◆ What you will do ◆
Only these lines of the data below are wanted: the one with "else if not (bytes_beq broker d.broker)", the one with "elim (encode (checkpoint_event", and any lines between them, each repeated exactly.

◆ Records provided ◆
***

-- ===== src/Recovery/Durable.antt =====
-- The recording of events by `DurableAudit` of crates/uf-daemon/src/ddr_recovery_durable.rs: the replay and the
-- journal together. The codec between events and records is a parameter.
use uflow.Prelude.{
  ℕ, ◌≡◌, refl, ◌∙◌, List, [], ◌∷◌, ◌++◌, Bool, true, false, ◌||◌, not, Result, ok, err, ◌>>=◌,
  Result-cases, inl, inr, arith, if◌then◌else◌, bytes_beq,
}
use uflow.Prelude.Text.{Str, text}
use uflow.Recovery.Audit.Types.{Domain, Event, EventKind, DrainSnapshot}
use uflow.Recovery.Audit.State.{AuditReplay, observed_drain}
use uflow.Recovery.Audit.Apply.{apply, replay}
use uflow.Recovery.Journal.Frame.{
  IoError, invalid_data, permission_denied, Kind, clean_checkpoint, same_kind,
}
use uflow.Recovery.Journal.Head.{Head}
use uflow.Recovery.Journal.Store.{AnchoredJournal}
use uflow.Recovery.Journal.Append.{append_dirty, append_clean_after_drain}
use uflow.Recovery.Journal.Chain.{Entry}
use uflow.Recovery.Journal.Ledger.{Logs}
use uflow.Recovery.Journal.Grown.{Accepted, grown}
use uflow.Recovery.Journal.Appends.{append_dirty-Logs}
mod Agrees
mod Tests

pub record DurableAudit : Type 0 where
  pub domain : Domain
  pub broker : Str
  pub journal : AnchoredJournal
  pub replay : AuditReplay
  pub poisoned : Bool

-- `matches!(kind, CleanCheckpoint(_) | BrokerDrained(_))`
abbrev pub is_joined : EventKind → Bool
is_joined (EventKind.clean_checkpoint snapshot) = true
is_joined (EventKind.broker_drained snapshot) = true
is_joined _ = false

abbrev pub poison : DurableAudit → DurableAudit
poison d = record d { poisoned = true }

-- The end of `record_transition`, with the replay that is to be published.
unfoldable pub publish :
    DurableAudit
    → AuditReplay
    → Result IoError (Unit {0})
    → AnchoredJournal
    → Result IoError (Unit {0}) × DurableAudit
publish d candidate (err e) journal = (err e, record d { journal = journal; poisoned = true })
publish d candidate (ok done) journal = (ok tt, record d { journal = journal; replay = candidate })

abbrev pub forget_head : Result IoError Head → Result IoError (Unit {0})
forget_head (err e) = err e
forget_head (ok head) = ok tt

-- The end of `checkpoint_after_drain`, likewise.
abbrev pub head_result :
    DurableAudit
    → AuditReplay
    → Result IoError Head
    → AnchoredJournal
    → Result IoError Head × DurableAudit
head_result d candidate (err e) journal = (err e, record d { journal = journal; poisoned = true })
head_result d candidate (ok head) journal =
    (ok head, record d { journal = journal; replay = candidate })

abbrev pub checkpoint_event : DurableAudit → Event
checkpoint_event d = record {
  domain = d.domain;
  epoch = d.replay.epoch;
  kind = EventKind.clean_checkpoint (observed_drain d.replay 0 0);
}

-- `seals` is that of `apply`, `encode` the codec, and `before` and `after` are what the system answers on the files
-- of the journal.
module _ (seals : ℕ) (encode : Event → Result Str (Kind × List ℕ))
    (before after : Result IoError (Unit {0})) where
  unfoldable pub append_encoded :
      DurableAudit → AuditReplay → Kind × List ℕ → Result IoError (Unit {0}) × DurableAudit
  append_encoded d candidate (kind, payload) =
      let (result, journal) = append_dirty before after d.broker kind payload d.journal in
      publish d candidate (forget_head result) journal

  -- `record_transition` where nothing has failed before.
  unfoldable pub record_live : Event → DurableAudit → Result IoError (Unit {0}) × DurableAudit
  record_live event d = elim (apply seals d.replay event) [
    | err e ↦ (err (invalid_data e), poison d)
    | ok candidate ↦ elim (encode event) [
      | err e ↦ (err (invalid_data e), poison d)
      | ok entry ↦ append_encoded d candidate entry
    ]
  ]

  -- `record_transition`
  unfoldable pub record_transition : Event → DurableAudit → Result IoError (Unit {0}) × DurableAudit
  record_transition event d =
      if d.poisoned
      then (err (permission_denied (text "durable audit poisoned")), d)
      else record_live event d

  -- `record`
  unfoldable pub recording : Event → DurableAudit → Result IoError (Unit {0}) × DurableAudit
  recording event d =
      if is_joined event.kind
      then (err (invalid_data (text "drain and checkpoint require the joined path")), poison d)
      else record_transition event d

  -- `record_joined_drain`, with the broker of the drain.
  unfoldable pub record_joined_drain :
      Str → ℕ → DrainSnapshot → DurableAudit → Result IoError (Unit {0}) × DurableAudit
  record_joined_drain broker epoch snapshot d =
      if not (bytes_beq broker d.broker)
      then (err (invalid_data (text "joined drain belongs to another broker")), poison d)
      else record_transition
          (record { domain = d.domain; epoch = epoch; kind = EventKind.broker_drained snapshot }) d

  unfoldable pub append_checkpoint :
      DurableAudit → AuditReplay → Kind × List ℕ → Result IoError Head × DurableAudit
  append_checkpoint d candidate (kind, payload) =
      if not (same_kind kind clean_checkpoint)
      then (err (invalid_data (text "unexpected checkpoint kind")), d)
      else let (result, journal) =
          append_clean_after_drain before after d.broker payload d.journal in
        head_result d candidate result journal

  -- `checkpoint_after_drain`, with the broker of the drain.
  unfoldable pub checkpoint_after_drain : Str → DurableAudit → Result IoError Head × DurableAudit
  checkpoint_after_drain broker d =
      if d.poisoned
      then (err (permission_denied (text "durable audit poisoned")), d)
      else if not (bytes_beq broker d.broker)
      then (err (invalid_data (text "joined checkpoint belongs to another broker")), poison d)
      else elim (apply seals d.replay (checkpoint_event d)) [
        | err e ↦ (err (invalid_data e), d)
        | ok candidate ↦ elim (encode (checkpoint_event d)) [
          | err e ↦ (err (invalid_data e), d)
          | ok entry ↦ append_checkpoint d candidate entry
        ]
      ]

***

◆ Output ◆
      else if not (bytes_beq broker d.broker)
      then (err (invalid_data (text "joined checkpoint belongs to another broker")), poison d)
      else elim (apply seals d.replay (checkpoint_event d)) [
        | err e ↦ (err (invalid_data e), d)
        | ok candidate ↦ elim (encode (checkpoint_event d)) [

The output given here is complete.